Student responses delay verifications
Complaints are down, but number selected for check increases.
Published: Monday, September 17, 2012
Updated: Monday, September 17, 2012 10:09
The vast majority of the Alamo Colleges’ more than 64,000 students this fall have a new reason to routinely check ACES email.
Financial aid awards could be held up indefinitely if students do not respond to messages from student financial services.
By Sept. 5, Alamo Colleges had received 56,888 FAFSA applications and had verified 6,740 of them.
Change in federal law requires student financial services to verify every FAFSA, or Free Application for Federal Student Aid, randomly selected for the process this year.
Before the law change, only a percentage of the randomly selected applications had to be verified.

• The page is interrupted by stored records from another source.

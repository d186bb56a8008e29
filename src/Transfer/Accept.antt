-- ===== src/Transfer/Accept.antt =====
-- internal/infrastructure/transfer/receiver.go: `AcceptTransfer`. The deadline that it reads is used
-- for nothing, and the handler that it subscribes is `handle_chunk`.
use update_service.Base.{
  ℕ, String, true, none, some, [], ◌∷◌, if◌then◌else◌, ◌==◌, ltb, str_eq, cat,
}
use update_service.Domain.Json.{Fields, member, as_string, as_number}
use update_service.Domain.Job.{FileTransfer, transfer_accepted}
use update_service.Effect.{World, bytes, failure, M, ◌>>=◌, ◌>>◌, pure, guard, modify, call, now}
use update_service.Repositories.Transfers
use update_service.Transfer.Bytes.{bytes_at, truncate}
use update_service.Transfer.Active.{ActiveTransfer, content_of}
use update_service.Transfer.Receiver.{finalize}

-- `filepath.Join` of two clean parts: an empty one is left out.
abbrev pub join : String → String → String
join a b = if str_eq a "" then b else if str_eq b "" then a else cat a (cat "/" b)

-- `os.OpenFile` with O_CREATE: a file that is there keeps its bytes.
abbrev pub created_file : String → World → World
created_file path w = elim (bytes_at path w.files) [
  | none ↦ record w { files = (path, bytes []) ∷ w.files }
  | some content ↦ w
]

unfoldable pub open_file : String → M (Unit {0})
unfolding call
open_file path = do call; modify (created_file path)

-- `f.Truncate`
unfoldable pub truncate_file : String → ℕ → M (Unit {0})
unfolding call
truncate_file path size = do
  call
  modify (λ w. record w { files = (path, bytes (truncate size (content_of path w))) ∷ w.files })

-- `Subscribe`: the consumer is created, and then it consumes.
unfoldable pub subscribe : M (Unit {0})
unfolding call
subscribe = do call; call

unfoldable pub accepted : FileTransfer → ℕ → FileTransfer
accepted t at = record t { status = transfer_accepted; accepted_at = some at }

-- `TransferReceiver`: its node and its directory.
module _ (node_id staging_dir : String) where
  -- `filepath.Join(r.stagingDir, operationID, transferIDStr)`
  abbrev pub staging_path : Fields → String
  staging_path cmd =
      join (join staging_dir (as_string (member "operation_id" cmd)))
        (as_string (member "transfer_id" cmd))

  unfoldable pub new_active : Fields → FileTransfer → ActiveTransfer
  new_active cmd t = record {
    transfer = t;
    total_chunks = as_number (member "total_chunks" cmd);
    total_bytes = as_number (member "file_size_bytes" cmd);
    file_sha256 = as_string (member "file_sha256" cmd);
    received = [];
    received_size = 0;
    path = cat (staging_path cmd) "/final";
    is_open = true;
    manifest_path = cat (staging_path cmd) "/manifest.json";
  }

  -- The staging file: its directory, itself, and its length if that is not zero.
  unfoldable pub prepare_file : Fields → M (Unit {0})
  unfolding call open_file truncate_file
  prepare_file cmd = do
    call
    open_file (cat (staging_path cmd) "/final")
    (if ltb 0 (as_number (member "file_size_bytes" cmd))
        then truncate_file (cat (staging_path cmd) "/final")
            (as_number (member "file_size_bytes" cmd))
        else pure tt)

  -- A transfer without chunks is finalised at once, and an error of that is logged.
  unfoldable pub start_active : String → ActiveTransfer → M ActiveTransfer
  unfolding finalize
  start_active transfer_id active =
      if active.total_chunks == 0
      then (do done ← finalize node_id active transfer_id; pure done.active)
      else pure active

  -- `AcceptTransfer`
  unfoldable pub accept_transfer : Fields → M ActiveTransfer
  unfolding prepare_file now accepted new_active subscribe start_active
  accept_transfer cmd = do
    transfer ← Transfers.get_by_id (as_string (member "transfer_id" cmd))
    guard (str_eq transfer.destination_node_id node_id) (failure "transfer destination mismatch")
    prepare_file cmd
    at ← now
    Transfers.update (accepted transfer at)
    subscribe
    start_active (as_string (member "transfer_id" cmd)) (new_active cmd (accepted transfer at))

Among email messages to guarantee receipt of financial aid in a timely manner, students could find requests to respond by a deadline or rectify incomplete or incorrect documents.

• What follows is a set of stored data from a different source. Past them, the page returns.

-- ===== src/SpinPool/Pool/Wakeup.antt =====
-- A signal that comes between `__pop_task` and `pthread_cond_wait` wakes nobody.
use Prim.Native.Nat.{◌≤◌, ◌<◌}
use mathlib.Core.Path.{subst, sym}
use c_language_learnning.Base.{ℕ, zero, suc, ◌≡◌, ◌≢◌, refl, arith, [], ◌∷◌}
use c_language_learnning.SpinPool.TaskQueue.{Queue, add_task}
use c_language_learnning.SpinPool.TaskQueue.Shape.{Holds, add_task-Holds, pop_task-nil}
use c_language_learnning.SpinPool.Pool.{
  Flags, Pc, top, popping, popping, empty, asleep, Move, enter, pop_null, sleep, admit, post_task,
  Workers, update, State, init, worker, client, signal_none, Reach, start, next,
}

-- The first `n` workers have found the queue empty.
found_empty : ℕ → Workers
found_empty zero = λ i. top
found_empty (suc n) = update (update (found_empty n) n popping) n empty

found_empty-top : (n i : ℕ) → n ≤ i → found_empty n i ≡ top
unfolding found_empty
found_empty-top zero i h = refl
found_empty-top (suc n) i h = ground (arith, found_empty-top n i)

found_empty-empty : (n i : ℕ) → i < n → found_empty n i ≡ empty
unfolding found_empty
found_empty-empty zero i h = absurd (omega arith)
found_empty-empty (suc n) i h = ground (arith, found_empty-empty n i)

found_empty-awake : (n i : ℕ) → found_empty n i ≢ asleep
unfolding found_empty
found_empty-awake zero i h = cc
found_empty-awake (suc n) i h = ground (arith, found_empty-awake n i)

-- The first `k` of them sleep.
sleeping : ℕ → ℕ → Workers
sleeping n zero = found_empty n
sleeping n (suc k) = update (sleeping n k) k asleep

sleeping-empty : (n k i : ℕ) → k ≤ i → i < n → sleeping n k i ≡ empty
unfolding sleeping
sleeping-empty n zero i h l = found_empty-empty n i l
sleeping-empty n (suc k) i h l = ground (arith, sleeping-empty n k i)

sleeping-asleep : (n k i : ℕ) → i < k → sleeping n k i ≡ asleep
unfolding sleeping
sleeping-asleep n zero i h = absurd (omega arith)
sleeping-asleep n (suc k) i h = ground (arith, sleeping-asleep n k i)

worker_step :
    {f : Flags} {t t' : Queue} {p p' : Pc} (w : Workers) (i : ℕ)
    → w i ≡ p
    → Move f t p t' p'
    → Reach (record { flags = f; tasks = t; pc = w })
    → Reach (record { flags = f; tasks = t'; pc = update w i p' })
worker_step {f} {t} {t'} {p} {p'} w i e mv r =
    next r (worker i (subst (λ q. Move f t q t' p') (sym e) mv))

no_tasks-Holds : Holds init.tasks []
no_tasks-Holds = record { links = refl; tail = refl }

Reach-found_empty :
    (n : ℕ) → Reach (record { flags = init.flags; tasks = init.tasks; pc = found_empty n })
unfolding found_empty
Reach-found_empty zero = start
Reach-found_empty (suc n) =
    worker_step (update (found_empty n) n popping) n (ground arith)
      (pop_null (pop_task-nil init.tasks no_tasks-Holds))
      (worker_step (found_empty n) n (found_empty-top n n (omega arith)) (enter refl)
        (Reach-found_empty n))

abbrev posted : ℕ → Queue
posted x = add_task x init.tasks

Reach-sleeping :
    (x n k : ℕ)
    → x ≢ 0
    → k ≤ n
    → Reach (record { flags = init.flags; tasks = posted x; pc = sleeping n k })
unfolding sleeping
Reach-sleeping x n zero ne h =
    next (next (next (Reach-found_empty n) (client admit)) (client (post_task x ne)))
      (signal_none (omega arith) (found_empty-awake n))
Reach-sleeping x n (suc k) ne h =
    worker_step (sleeping n k) k (sleeping-empty n k k (omega arith) (omega arith)) (sleep refl)
      (Reach-sleeping x n k ne (omega arith))

-- With any number `n` of workers a state can be reached in which a posted task is in the queue, all of the
-- `n` workers wait, and the flags are as at the start: no signal and no broadcast is pending.
pub lost_wakeup :
    (n x : ℕ)
    → x ≢ 0
    → (s : State) × Reach s
      × Holds s.tasks (x ∷ [])
      × (s.flags ≡ init.flags)
      × ((i : ℕ) → i < n → s.pc i ≡ asleep)
lost_wakeup n x ne = (
  record { flags = init.flags; tasks = posted x; pc = sleeping n n },
  Reach-sleeping x n n ne (omega arith),
  add_task-Holds x init.tasks [] no_tasks-Holds ne refl,
  refl,
  sleeping-asleep n n,
)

Verification processing is estimated to take one week because the Alamo Colleges hired a verification service provider.
Complaints this year-to-date about data retrieval, system access, denied appeals, missed deadlines, and check disbursements fell 0.001 percent. In 2011, there were 63 complaints, and in 2012, it dropped to 34.
Dr. Adelina S. Silva, vice chancellor for student success for Alamo Colleges, said, “We take note of those.”
She said she believes complaints are down because changes in the law reduce eligibility for financial aid and improve communications with students.
The student financial services office at San Antonio College has extended hours, open to 7 p.m. Tuesdays.
The office is also open 9 a.m.-1 p.m. on the first Saturday of the month and 8 a.m.-5 p.m. on Monday to Friday.